Dopo l’elezione di Trump, il presidente venezuelano Nicolas Maduro ha parlato a lungo con John Kerry, il cui inviato Thomas Shannon si è recato di recente a Caracas per mettere un po’ di museruola alla parte più virulenta dell’opposizione venezuelana, riuscendoci solo in parte. Intanto, però, grazie alla mediazione del Vaticano (il papa Bergoglio ha ricevuto di recente Maduro), stanno sensibilmente diminuendo le file e ricompaiono i prodotti accaparrati dalle grandi imprese private che vogliono dettare l’agenda politica.
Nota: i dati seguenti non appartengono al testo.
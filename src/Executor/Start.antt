-- ===== src/Executor/Start.antt =====
-- How an executor of internal/executor/executor.go starts: `New` with `NewBinaryCache` of cache.go,
-- `cleanupOrphanedDirectories`, and the tickers of `pollForJobs` and `sendHeartbeats`. Paths are
-- bytes; what the operating system answers is an argument.
use executr.Prelude.{
  Bytes, ascii, bytes_eq, ℕ, zero, suc, ◌*◌, ℤ, pos, negsuc, ltb, Bool, true, false, not, ◌&&◌,
  Option, none, some, List, [], ◌∷◌, String, if◌then◌else◌, keep, take, drop, length,
}
use Prim.Native.String.{◌++◌ as append}
use executr.Models.{UuidNumber}
use executr.Client.Calls.{Call, heartbeat}
use executr.Executor.Cache.{CacheEntry, BinaryCache, Disk, Listed, load_entries}

pub record Config : Type 0 where
  pub server_url : String
  pub name : String
  pub cache_dir : Bytes
  pub work_dir : Bytes
  pub max_jobs : ℤ
  pub poll_interval : ℤ
  pub max_cache_size : ℕ
  pub heartbeat_interval : ℤ
  pub network_timeout : ℤ

-- One entry of a directory.
pub record Entry : Type 0 where
  pub name : Bytes
  pub is_dir : Bool

-- The operating system while an executor starts: `cached` is what os.ReadDir lists of the cache and
-- `work_entries` of the work directory, `none` where it fails; `short_id` is the first 8 characters
-- of a new UUID; `cache_path` joins a name to the cache's directory.
pub record Machine : Type 0 where
  pub home : Option Bytes
  pub join : Bytes → Bytes → Bytes
  pub mkdir : Bytes → Bool
  pub short_id : String
  pub cached : Option (List Listed)
  pub cache_path : String → String
  pub disk : Disk
  pub work_entries : Option (List Entry)
  pub removable : Bytes → Bool

pub data Fault : Type 0 where
  no_home no_cache no_work_dir : Fault

-- `slots` is the capacity of `jobSem`.
pub record Executor : Type 0 where
  pub config : Config
  pub executor_id : String
  pub cache : BinaryCache
  pub slots : ℕ

pub data Started {ℓ} (A : Type ℓ) : Type ℓ where
  panicked : Started A
  failed : Fault → Started A
  running : A → Started A

infixl 5 ◌>>=◌
abbrev pub ◌>>=◌ {ℓ κ} : {A : Type ℓ} {B : Type κ} → Started A → (A → Started B) → Started B
panicked >>= f = panicked
failed e >>= f = failed e
running a >>= f = f a

module _ (m : Machine) where
  abbrev pub in_home : Bytes → Option Bytes → Started Bytes
  in_home rest none = failed no_home
  in_home rest (some home) = running (m.join home rest)

  -- `cfg.CacheDir[:2] == "~/"`: the slice panics on a shorter text.
  unfoldable pub expand_home : Bytes → Started Bytes
  expand_home dir =
      if ltb (length dir) 2
      then panicked
      else if bytes_eq (take 2 dir) (ascii "~/")
      then in_home (drop 2 dir) m.home
      else running dir

  -- A listing that fails is only logged.
  abbrev pub loaded : Option (List Listed) → List CacheEntry
  loaded none = []
  loaded (some files) = load_entries m.cache_path files

  unfoldable pub new_binary_cache : Bytes → ℕ → Started BinaryCache
  new_binary_cache dir max_size_mb =
      if m.mkdir dir
      then running (record { max_size_mb = max_size_mb; entries = loaded m.cached; disk = m.disk })
      else failed no_cache

  abbrev pub made : Bool → Fault → Started (Unit {0})
  made true f = running tt
  made false f = failed f

  -- `make(chan struct{}, n)`.
  abbrev pub new_channel : ℤ → Started ℕ
  new_channel (pos n) = running n
  new_channel (negsuc n) = panicked

  unfoldable pub new_executor : Config → Started Executor
  new_executor cfg = do
    dir ← expand_home cfg.cache_dir
    cache ← new_binary_cache dir cfg.max_cache_size
    done ← made (m.mkdir cfg.work_dir) no_work_dir
    slots ← new_channel cfg.max_jobs
    running (record {
      config = record cfg { cache_dir = dir };
      executor_id = append cfg.name (append "-" m.short_id);
      cache = cache;
      slots = slots;
    })

  -- The entries that are left. A directory that cannot be removed is only logged.
  abbrev pub orphaned : Entry → Bool
  orphaned e = e.is_dir && m.removable e.name

  unfoldable pub cleanup_orphaned_directories : Option (List Entry) → Option (List Entry)
  cleanup_orphaned_directories none = none
  cleanup_orphaned_directories (some es) = some (keep (λ e. not (orphaned e)) es)

-- `time.NewTicker(time.Duration(n) * time.Second)`, which panics unless the duration is positive.
abbrev pub new_ticker : ℤ → Started ℕ
new_ticker (pos zero) = panicked
new_ticker (pos (suc n)) = running (suc n * 1000000000)
new_ticker (negsuc n) = panicked

-- What an executor that polls has: itself, its work directory, and the time between polls.
pub record Polling : Type 0 where
  pub executor : Executor
  pub work_entries : Option (List Entry)
  pub period : ℕ

-- `New` and then `Run` up to its first wait; a panic of the goroutine that polls ends the program.
unfoldable pub start : Machine → Config → Started Polling
start m cfg = do
  e ← new_executor m cfg
  period ← new_ticker cfg.poll_interval
  running (record {
    executor = e;
    work_entries = cleanup_orphaned_directories m m.work_entries;
    period = period;
  })

-- `sendHeartbeats`: one call for each tick, with the identifier parsed again each time, until the
-- context ends.
pub data Beat : Type 0 where
  tick stop : Beat

module _ (executor_id : String) (parsed : Option UuidNumber) where
  unfoldable pub beats : List Beat → List Call
  beats [] = []
  beats (tick ∷ bs) = elim parsed [ none ↦ beats bs | some i ↦ heartbeat i executor_id ∷ beats bs ]
  beats (stop ∷ bs) = []

unfoldable pub send_heartbeats : String → Option UuidNumber → ℤ → List Beat → Started (List Call)
send_heartbeats executor_id parsed interval bs = do
  period ← new_ticker interval
  running (beats executor_id parsed bs)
Nei punti sottoscritti al tavolo del dialogo in corso, l’opposizione moderata ha messo nero su bianco che la guerra economica esiste e che occorre rispettare l’istituzionalità del paese. Il governo ha scarcerato alcuni politici detenuti. I militanti del Psuv hanno chiesto a Trump di non espellere i migranti, ma di rimandare a Caracas i banchieri fraudolenti e i golpisti rifugiati a Miami. Maduro, appoggiato da un appello sottoscritto da migliaia di personalità politiche, artisti e intellettuali, ha chiesto a Obama di annullare il decreto di sanzioni contro il Venezuela, rinnovato per un altro anno. Di recente, il Psuv ha nuovamente denunciato il «sabotaggio finanziario» di Citibank che, negando i propri servizi a Caracas, ha impedito che il governo pagasse a tempo i prodotti importati dall’estero. E così, 29 navi cariche di alimenti sono rimaste ferme nei porti per 68 giorni.

Nell’appello, si chiede a Obama di metter fine al bloqueo contro Cuba e di liberare due prigionieri storici: l’indipendentista portoricano Oscar Lopez e la statunitense Ana Belén, arrestata nel 2001 con l’accusa di aver «cospirato» a favore di Cuba.